In 1994, NME pleaded guilty to seven federal charges of paying kickbacks and bribes for referrals and was fined $382.7 million. A former executive also acknowledged paying doctors for referrals to psychiatric hospitals then filing false Medicare claims to cover the payments.

By the time the company settled the lawsuits, sold its psychiatric hospitals and refocused its business on acute care hospitals, NME's founders had resigned or been forced out, as had several top executives, leaving Barbakow in charge.

"The key to this is that we are marching, maybe slowly, but marching along and putting the past behind us," Barbakow said in 1993.

Today, Barbakow again finds himself leading a company suspected of fraud. In November, he replaced two top executives and adopted new pricing policies designed to reduce outlier payments from $65 million to $8 million a month.

The company also lowered its earnings estimates for 2003, assuming a sharply lower amount of outlier payments.

Most analysts agree with Barbakow's claim that Tenet's fundamental business remains strong and that the company will benefit in coming years as aging baby boomers seek more medical care. Tenet's stock has stabilized in recent weeks at around $17 a share, even as the company has said it will take until 2004 for its earnings to grow.

But it remains to be seen whether Tenet -- and Barbakow -- can recover from the current investigations.

"The options are that A) he didn't know this was going on, which is troubling, or B) he knew, which is troubling," said stock analyst Ficklin. "He went with option A, which doesn't make you feel a whole lot better."

Last month, a leader of a group of dissident shareholders demanded that Tenet oust its senior management.

"It is time for the board of Tenet Healthcare Corp. to stand up and take back the company from a management team that has neglected its duties," M. Lee Pearce, a Florida doctor, wrote in December.

Pearce and his group, which own a relatively small number of Tenet shares, had tried to oust Barbakow two years earlier.

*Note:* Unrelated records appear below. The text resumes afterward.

-- ===== src/UsdcVault/Accounts.antt =====
-- The requests that a client can send to contracts/usdc-vault/src/lib.rs, and its accounts under any
-- history of them.
use suban.Base.{
  ℕ, ◌≡◌, ◌⊎◌, inl, inr, arith, refl, sym, Bool, true, Option-cases, none, some, List, [], is_some,
}
use mathlib.Core.Path.{subst}
use suban.Int.{ℤ, pos, ◌+ℤ◌, ◌≤ℤ◌, ◌<ℤ◌, int_laws, parts_of_eq}
use suban.Dict.{
  lookup, insert, nat_eq, sum_by, sum_by-insert, value_of, AllValues, insert-AllValues,
  lookup-AllValues,
}
use suban.Host.{Env, Returns, weaken, history, history_lem}
use suban.Tokens.{Tokens, Chain}
use suban.UsdcVault.Vault
use suban.UsdcVault.Vault.{
  Store, Action, admin_only, is_paused, read_total_deposited, read_total_released,
  read_user_deposit, read_reserve_balance, pay_reserved,
}

pub data Request : Type 0 where
  initialize : (admin usdc_token : ℕ) → Request
  deposit : (depositor : ℕ) → (amount : ℤ) → Request
  release : (admin recipient : ℕ) → (amount : ℤ) → Request
  admin_withdraw : (admin destination : ℕ) → (amount : ℤ) → Request
  set_reserve_minimum : (admin : ℕ) → (reserve_minimum : ℤ) → Request
  set_paused : (admin : ℕ) → (paused : Bool) → Request
  set_admin : (admin new_admin : ℕ) → Request

-- The storage before the first call.
abbrev pub deployed : Store
deployed = record {
  admin = none;
  paused_flag = none;
  usdc_token = none;
  total_deposited = none;
  total_released = none;
  deposits = [];
  reserve_balance = none;
}

abbrev pub same : ℤ → ℤ
same x = x

-- The accounts agree: no deposit is below zero, the deposits add up to the total, and what was
-- released is not below zero. Nothing is deposited before there is a token.
pub record IsBalanced (s : Store) : Type 0 where
  pub deposits_nonneg : AllValues (λ x. pos 0 ≤ℤ x) s.deposits
  pub totalled : sum_by same s.deposits ≡ read_total_deposited s
  pub released_nonneg : pos 0 ≤ℤ read_total_released s
  pub started : (is_some s.admin ≡ true) ⊎ ((s.usdc_token ≡ none) × (s.deposits ≡ []))

module _ {W : Type 0} (t : Tokens W) where
  unfoldable pub execute : Env → Request → Action W (Unit {0})
  execute env (initialize admin usdc_token) = Vault.initialize env admin usdc_token
  execute env (deposit depositor amount) = Vault.deposit t env depositor amount
  execute env (release admin recipient amount) = Vault.release t env admin recipient amount
  execute env (admin_withdraw admin destination amount) =
      Vault.admin_withdraw t env admin destination amount
  execute env (set_reserve_minimum admin reserve_minimum) =
      Vault.set_reserve_minimum env admin reserve_minimum
  execute env (set_paused admin paused) = Vault.set_paused env admin paused
  execute env (set_admin admin new_admin) = Vault.set_admin env admin new_admin

  -- A payment leaves the storage alone.
  pay_reserved-store :
      (env : Env) (to : ℕ) (x : ℤ) (c : Chain Store W)
      → Returns (λ _ c'. c'.store ≡ c.store) (pay_reserved t env to x c)
  unfolding pay_reserved
  pay_reserved-store env to x c = ground arith

  deposit-effect :
      (env : Env) (p : ℕ) (x : ℤ) (c : Chain Store W)
      → Returns
          (λ _ c'.
            (pos 0 <ℤ x)
            × (is_some c.store.usdc_token ≡ true)
            × (c'.store ≡ record c.store {
              total_deposited = some (read_total_deposited c.store +ℤ x);
              deposits = insert p (read_user_deposit c.store p +ℤ x) c.store.deposits;
            }))
          (Vault.deposit t env p x c)
  unfolding Vault.deposit
  deposit-effect env p x c = ground arith

  release-effect :
      (env : Env) (a p : ℕ) (x : ℤ) (c : Chain Store W)
      → Returns
          (λ _ c'.
            (pos 0 <ℤ x)
            × (c'.store
                ≡ record c.store { total_released = some (read_total_released c.store +ℤ x) }))
          (Vault.release t env a p x c)
  unfolding Vault.release admin_only
  release-effect env a p x c = ground (arith, pay_reserved-store env p x c)

  abbrev Balanced : Chain Store W → Type 0
  Balanced c = IsBalanced c.store

  -- A user's deposit counts in the sum.
  user_value : (s : Store) (p : ℕ) → value_of same (lookup p s.deposits) ≡ read_user_deposit s p
  unfolding read_user_deposit
  user_value s p = elim (Option-cases (lookup p s.deposits)) [
    | inl e ↦ rw e refl
    | inr (x, e) ↦ rw e refl
  ]

  nonneg_user : (s : Store) (p : ℕ) → IsBalanced s → pos 0 ≤ℤ read_user_deposit s p
  unfolding read_user_deposit
  nonneg_user s p v = elim (Option-cases (lookup p s.deposits)) [
    | inl e ↦ rw e (omega arith)
    | inr (x, e) ↦ rw e (lookup-AllValues (λ x. pos 0 ≤ℤ x) p s.deposits v.deposits_nonneg e)
  ]

  deposited-IsBalanced :
      (s : Store) (p : ℕ) (x : ℤ)
      → IsBalanced s
      → pos 0 <ℤ x
      → is_some s.usdc_token ≡ true
      → IsBalanced (record s {
        total_deposited = some (read_total_deposited s +ℤ x);
        deposits = insert p (read_user_deposit s p +ℤ x) s.deposits;
      })
  unfolding read_total_deposited read_total_released
  deposited-IsBalanced s p x v positive has =
      let old = parts_of_eq (user_value s p) in
      let sum = parts_of_eq (sum_by-insert same p (read_user_deposit s p +ℤ x) s.deposits) in
      let before = parts_of_eq v.totalled in
      let low = nonneg_user s p v in
      record {
        deposits_nonneg =
            insert-AllValues (λ x. pos 0 ≤ℤ x) p (read_user_deposit s p +ℤ x) s.deposits
              v.deposits_nonneg (omega (int_laws, low, positive));
        totalled = omega (int_laws, old, sum, before);
        released_nonneg = v.released_nonneg;
        started = ground (arith, v.started, has);
      }

  deposit-IsBalanced :
      (env : Env) (p : ℕ) (x : ℤ) (c : Chain Store W)
      → Balanced c
      → Returns (λ _ c'. Balanced c') (Vault.deposit t env p x c)
  deposit-IsBalanced env p x c v =
      weaken _ _ (Vault.deposit t env p x c) (deposit-effect env p x c)
        (λ _ c' d. subst IsBalanced (sym d.2) (deposited-IsBalanced c.store p x v d.0 d.1))

  release-IsBalanced :
      (env : Env) (a p : ℕ) (x : ℤ) (c : Chain Store W)
      → Balanced c
      → Returns (λ _ c'. Balanced c') (Vault.release t env a p x c)
  unfolding read_total_deposited read_total_released
  release-IsBalanced env a p x c v =
      weaken _ _ (Vault.release t env a p x c) (release-effect env a p x c) (λ _ c' d.
        subst IsBalanced (sym d.1) (record {
          deposits_nonneg = v.deposits_nonneg;
          totalled = v.totalled;
          released_nonneg = let r = v.released_nonneg in let h = d.0 in omega int_laws;
          started = v.started;
        }))

  admin_withdraw-IsBalanced :
      (env : Env) (a p : ℕ) (x : ℤ) (c : Chain Store W)
      → Balanced c
      → Returns (λ _ c'. Balanced c') (Vault.admin_withdraw t env a p x c)
  unfolding Vault.admin_withdraw admin_only
  admin_withdraw-IsBalanced env a p x c v = ground (arith, pay_reserved-store env p x c, v)

  set_reserve_minimum-IsBalanced :
      (env : Env) (a : ℕ) (x : ℤ) (c : Chain Store W)
      → Balanced c
      → Returns (λ _ c'. Balanced c') (Vault.set_reserve_minimum env a x c)
  unfolding Vault.set_reserve_minimum admin_only read_total_deposited read_total_released
  set_reserve_minimum-IsBalanced env a x c v = ground (arith, v)

  set_paused-IsBalanced :
      (env : Env) (a : ℕ) (b : Bool) (c : Chain Store W)
      → Balanced c
      → Returns (λ _ c'. Balanced c') (Vault.set_paused env a b c)
  unfolding Vault.set_paused admin_only read_total_deposited read_total_released
  set_paused-IsBalanced env a b c v = ground (arith, v)

  set_admin-IsBalanced :
      (env : Env) (a b : ℕ) (c : Chain Store W)
      → Balanced c
      → Returns (λ _ c'. Balanced c') (Vault.set_admin env a b c)
  unfolding Vault.set_admin admin_only read_total_deposited read_total_released
  set_admin-IsBalanced env a b c v = ground (arith, v)

  initialize-IsBalanced :
      (env : Env) (a k : ℕ) (c : Chain Store W)
      → Balanced c
      → Returns (λ _ c'. Balanced c') (Vault.initialize env a k c)
  unfolding Vault.initialize read_total_deposited read_total_released sum_by
  initialize-IsBalanced env a k c v = ground (arith, v)

  execute-IsBalanced :
      (env : Env) (r : Request) (c : Chain Store W)
      → Balanced c
      → Returns (λ _ c'. Balanced c') (execute env r c)
  unfolding execute
  execute-IsBalanced env (initialize a k) c v = initialize-IsBalanced env a k c v
  execute-IsBalanced env (deposit p x) c v = deposit-IsBalanced env p x c v
  execute-IsBalanced env (release a p x) c v = release-IsBalanced env a p x c v
  execute-IsBalanced env (admin_withdraw a p x) c v = admin_withdraw-IsBalanced env a p x c v
  execute-IsBalanced env (set_reserve_minimum a x) c v = set_reserve_minimum-IsBalanced env a x c v
  execute-IsBalanced env (set_paused a b) c v = set_paused-IsBalanced env a b c v
  execute-IsBalanced env (set_admin a b) c v = set_admin-IsBalanced env a b c v

  -- Whatever calls a new vault receives, with whatever tokens behind it, in whatever order and whichever of
  -- them fail: no user's deposit is below zero, the deposits add up to the recorded total, and the
  -- recorded releases are not below zero.
  pub history-IsBalanced :
      (w : W) (calls : List (Env × Request))
      → IsBalanced (history execute (record { store = deployed; tokens = w }) calls).store
  unfolding read_total_deposited read_total_released sum_by
  history-IsBalanced w calls =
      history_lem execute Balanced execute-IsBalanced calls
        (record { store = deployed; tokens = w })
        (record {
          deposits_nonneg = tt;
          totalled = refl;
          released_nonneg = omega arith;
          started = inr (refl, refl);
        })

In the meantime, Barbakow is left to lead the company as it once again faces the possibility of criminal charges and lawsuits.

Barbakow, who won praise for leading the company during its most difficult days, now says he should have paid more attention when Tenet's profits shot up -- fueled by outlier payments.

"At Tenet we tended to dig deep wherever there was a problem that caused a negative variance to our plans," he said during the December conference call. "In hindsight, I didn't dig deep enough when things were going unusually well. Clearly, I will do so in the future."